Et soudain, au milieu de ce troupeau, un mouton se dresse maladroitement sur ses pattes arrière. En équilibre précaire, juché ­sur des sabots impropres à la station debout, il vacille, titube mais ne flanche pas, et entame une odyssée singulière, celle de sa longue métamorphose en être humain. 

The Sheep Song ou l’histoire du mouton qui voulait devenir un homme.


Parabole de la condition humaine

Fable sans paroles en 4 actes scandée par une cloche, ce spectacle est une allégorie de la condition humaine, qui emprunte à l’iconographie chrétienne. 

Dans un espace qui semble presque en deux dimensions, un tapis roulant – figuration de la destinée ? – traverse la scène de part en part et déroule, littéralement, des tableaux vivants à la gestuelle chorégraphiée. 

Des images belles à pleurer – qui ne cessent de se renouveler, de se réinventer et de nous surprendre – construisent une parabole figurant l’amour, le mal, la violence et la douleur, la solitude, le rapport à Dieu, la naissance et la mort, la peur et l’attirance du changement, en un mot tout ce qui constitue notre être au monde de mortels pétris de doutes, d’incertitudes et d’espoirs aussi.


Vanité des vanités

The Sheep Song évoque un chemin de croix,  celui d’un mouton qui découvre et éprouve et subit dans sa chair la quête de sens inhérente à la condition humaine. 

Une quête dont le socle est la découverte du savoir, comme dans le récit biblique où la pomme cueillie sur l’arbre de la connaissance nous a chassés du jardin d’Eden, là où peut-être nous menions une existence ignorante mais douce, tels les moutons de la pastorale. 

Sur le tapis roulant, des formes géométriques d’abord indistinctes forment peu à peu des lettres. 

Il LUDO MONSTRUM DESIGNATUR VANITAS VANITAM

C’est dans le jeu des prodiges que se manifeste la vanité des vanités.

Une inscription en forme de mise en garde qui reprend le refrain de l’Ecclésiaste :

Vanité des vanités, tout n’est que vanité.

Vanité au sens de ce qui est vain, c'est-à-dire illusoire, vide, fragile, éphémère – Hevel הבל / en hébreu, qui signifie fumée, vapeur, buée, haleine, souffle léger.

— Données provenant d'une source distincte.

-- ===== src/Timeline/Outcomes/Lone.antt =====
-- What internal/observability/timeline/recorder.go makes of a single attempt.
use realtime_speech_pipeline.Base.{
  some, ◌>>=◌, ◌≡◌, refl, String, true, false, not, ◌||◌, [], ◌∷◌, Result, ok, err, ◌>>◌, arith,
  refuse_if->>-eq-ok, ◌∙◌,
}
use realtime_speech_pipeline.Base.Int.{ℤ, pos, ltℤ, is_negative}
use realtime_speech_pipeline.Base.Members.{has}
use realtime_speech_pipeline.Base.Text.{is_empty, fallback}
use realtime_speech_pipeline.Timeline.{
  ProviderAttemptEvidence, InvocationOutcomeEvidence, validate_attempt, validate_invocation_outcome,
  modalities, outcome_classes, retry_decisions,
}
use realtime_speech_pipeline.Timeline.Outcomes.{
  invocation_outcomes_from_provider_attempts, outcomes_of, validated_outcome, outcome_of,
  sort_attempts, insert_attempt, sort_ids, insert_id, invocation_ids, group_of, last_of,
  previous_of, derive_final_attempt_latency_ms, derive_total_invocation_latency_ms,
}
use realtime_speech_pipeline.Timeline.Recorder.{validate_attempts}
use text.Mathlib.TextPositions.{eq_refl}

-- The outcome of an attempt that was the only one: both latencies are 0.
abbrev pub lone_outcome : ProviderAttemptEvidence → InvocationOutcomeEvidence
lone_outcome a = record {
  provider_invocation_id = a.provider_invocation_id;
  modality = a.modality;
  provider_id = a.provider_id;
  outcome_class = a.outcome_class;
  retryable = a.retryable;
  retry_decision = a.retry_decision;
  attempt_count = pos 1;
  final_attempt_latency_ms = pos 0;
  total_invocation_latency_ms = pos 0;
}

ltℤ-irrefl : (a : ℤ) → ltℤ a a ≡ false
ltℤ-irrefl a = ground arith

given_decision : (s : String) → has s retry_decisions ≡ true → fallback s "none" ≡ s
unfolding has
given_decision String.[] h = cc
given_decision (String.◌∷◌ c s) h = refl

given_modality : (s : String) → has s modalities ≡ true → is_empty s ≡ false
unfolding has
given_modality String.[] h = cc
given_modality (String.◌∷◌ c s) h = refl

-- What the validation of an attempt says of the texts that go into the outcome.
abbrev Texts : ProviderAttemptEvidence → Type 0
Texts a =
    (is_empty a.provider_invocation_id ≡ false)
    × (is_empty a.provider_id ≡ false)
    × (has a.modality modalities ≡ true)
    × (has a.outcome_class outcome_classes ≡ true)
    × (has a.retry_decision retry_decisions ≡ true)

attempt-Texts : (a : ProviderAttemptEvidence) → validate_attempt a ≡ ok tt → Texts a
unfolding validate_attempt
attempt-Texts a h =
    let (ids, h1) =
      refuse_if->>-eq-ok
        (is_empty a.session_id
          || is_empty a.pipeline_version
          || is_empty a.event_id
          || is_empty a.provider_invocation_id)
        _ _ h in
    let (provider, h2) = refuse_if->>-eq-ok (is_empty a.provider_id) _ _ h1 in
    let (modality, h3) = refuse_if->>-eq-ok (not (has a.modality modalities)) _ _ h2 in
    let (class, h4) = refuse_if->>-eq-ok (not (has a.outcome_class outcome_classes)) _ _ h3 in
    let (decision, _) = refuse_if->>-eq-ok (not (has a.retry_decision retry_decisions)) _ _ h4 in
    (
      ground (arith, ids),
      provider,
      ground (arith, modality),
      ground (arith, class),
      ground (arith, decision),
    )

-- The outcome of a lone attempt, with the latency that the attempt has.
abbrev timed_outcome : ProviderAttemptEvidence → InvocationOutcomeEvidence
timed_outcome a = record (lone_outcome a) {
  final_attempt_latency_ms = derive_final_attempt_latency_ms (a ∷ []);
}

lone-group : (a : ProviderAttemptEvidence) → group_of a.provider_invocation_id (a ∷ []) ≡ a ∷ []
unfolding group_of
lone-group a = rw (eq_refl a.provider_invocation_id) refl

lone-ids :
    (a : ProviderAttemptEvidence)
    → sort_ids (invocation_ids [] (a ∷ [])) ≡ a.provider_invocation_id ∷ []
unfolding sort_ids insert_id invocation_ids has
lone-ids a = refl

lone-outcome :
    (a : ProviderAttemptEvidence)
    → has a.retry_decision retry_decisions ≡ true
    → outcome_of a.provider_invocation_id (sort_attempts (a ∷ [])) ≡ some (timed_outcome a)
unfolding outcome_of sort_attempts insert_attempt last_of derive_total_invocation_latency_ms
lone-outcome a h = rw (ltℤ-irrefl a.wall_clock_timestamp_ms, given_decision a.retry_decision h) refl

one_outcome :
    (o : InvocationOutcomeEvidence) (v : Result (Unit {0}))
    → ((v >> ok o) >>= (λ outcome. ok (outcome ∷ []))) ≡ (v >> ok (o ∷ []))
one_outcome o (err m) = refl
one_outcome o (ok tt) = refl

lone-run :
    (a : ProviderAttemptEvidence)
    → validate_attempt a ≡ ok tt
    → Texts a
    → invocation_outcomes_from_provider_attempts (a ∷ [])
      ≡ (validate_invocation_outcome (timed_outcome a) >> ok (timed_outcome a ∷ []))
unfolding invocation_outcomes_from_provider_attempts validate_attempts outcomes_of validated_outcome
lone-run a valid (id, provider, modality, class, decision) =
    rw (valid, lone-ids a, lone-group a, lone-outcome a decision)
      (one_outcome (timed_outcome a) (validate_invocation_outcome (timed_outcome a)))

lone-quick :
    (a : ProviderAttemptEvidence)
    → Texts a
    → ltℤ (pos 0) a.attempt_latency_ms ≡ false
    → (validate_invocation_outcome (timed_outcome a) >> ok (timed_outcome a ∷ []))
      ≡ ok (lone_outcome a ∷ [])
unfolding validate_invocation_outcome derive_final_attempt_latency_ms last_of previous_of
lone-quick a (id, provider, modality, class, decision) n =
    rw (n, id, provider, given_modality a.modality modality, modality, class, decision) refl

lone-slow :
    (a : ProviderAttemptEvidence)
    → Texts a
    → ltℤ (pos 0) a.attempt_latency_ms ≡ true
    → (validate_invocation_outcome (timed_outcome a) >> ok (timed_outcome a ∷ []))
      ≡ err "invocation total_invocation_latency_ms must be >= final_attempt_latency_ms"
unfolding validate_invocation_outcome derive_final_attempt_latency_ms last_of
lone-slow a (id, provider, modality, class, decision) l =
    rw
      (
        l,
        id,
        provider,
        given_modality a.modality modality,
        modality,
        class,
        decision,
        positive a.attempt_latency_ms l,
        l,
      )
      refl
  where
    positive : (v : ℤ) → ltℤ (pos 0) v ≡ true → is_negative v ≡ false
    positive v h = ground arith

-- A single attempt that its validation accepts makes one outcome, that of the attempt, if the attempt has
-- no latency of its own; with a latency of its own it makes none, since the total of one attempt is 0 and
-- an outcome whose last attempt took longer than the whole is refused.
pub invocation_outcomes-lone :
    (a : ProviderAttemptEvidence)
    → validate_attempt a ≡ ok tt
    → (ltℤ (pos 0) a.attempt_latency_ms ≡ false
        → invocation_outcomes_from_provider_attempts (a ∷ []) ≡ ok (lone_outcome a ∷ []))
      × (ltℤ (pos 0) a.attempt_latency_ms ≡ true
          → invocation_outcomes_from_provider_attempts (a ∷ [])
            ≡ err "invocation total_invocation_latency_ms must be >= final_attempt_latency_ms")
invocation_outcomes-lone a valid =
    let texts = attempt-Texts a valid in
    (
      (λ n. lone-run a valid texts ∙ lone-quick a texts n),
      λ l. lone-run a valid texts ∙ lone-slow a texts l,
    )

Tout est futile et insignifiant clame ainsi l’Ecclésiaste, la sagesse équivaut au chagrin, le savoir à la douleur, et l'impossibilité de connaître les plans divins pour le monde rend le destin de l'homme fragile et insaisissable.

C’est cette vanité que va éprouver notre mouton en voie de métamorphose. Tout au long de son parcours initiatique, il croise des figures sans visages qui ne le regardent pas, des personnages de nos fictions aussi – un Pinocchio ou un torero –, et une femme botticellienne aux yeux bandés, symbole peut-être de l’erreur et de l’aveuglement, une rencontre dont naît un enfant maudit, mi-homme, mi-bête, pleurant dans une vallée de larmes.

Comme un miroir inversé de l’allégorie mystique, un castelet de marionnettes vient à plusieurs reprises ponctuer la fable. Une figurine y apparaît, personnage cocasse au pénis turgescent manipulé par un Dieu de pacotille auquel il lance des Dio dove sei ?  Dieu où es-tu ? désespérés qui sonnent comme l’écho abâtardi de l’incantation des Psaumes de l’Ancien Testament – Seigneur pourquoi m’as-tu abandonné ? –, reprise par Jésus sur la croix.
 

Orphée ou le diable.

Accompagnant de loin l’incarnation humaine du mouton, la silhouette drapée de rouge évoque la figure d’Orphée, génie de la musique. Souvent représenté nu, avec une lyre et une cape vermillon, Orphée, dans la mythologie, conduit symboliquement l’âme humaine des tréfonds vers la lumière. 

Mais cette silhouette pourrait tout aussi bien représenter le Diable. Car, tel le Faust de Goethe, c’est bien un pacte avec le prince des ténèbres que notre mouton pourrait avoir conclu en vendant son âme agneline pour accéder au statut d’homo sapiens, tant le chemin semble plus souvent semé d’embûches que de fleurs, un chemin dont la dernière image, saisissante, indique qu’on ne revient pas.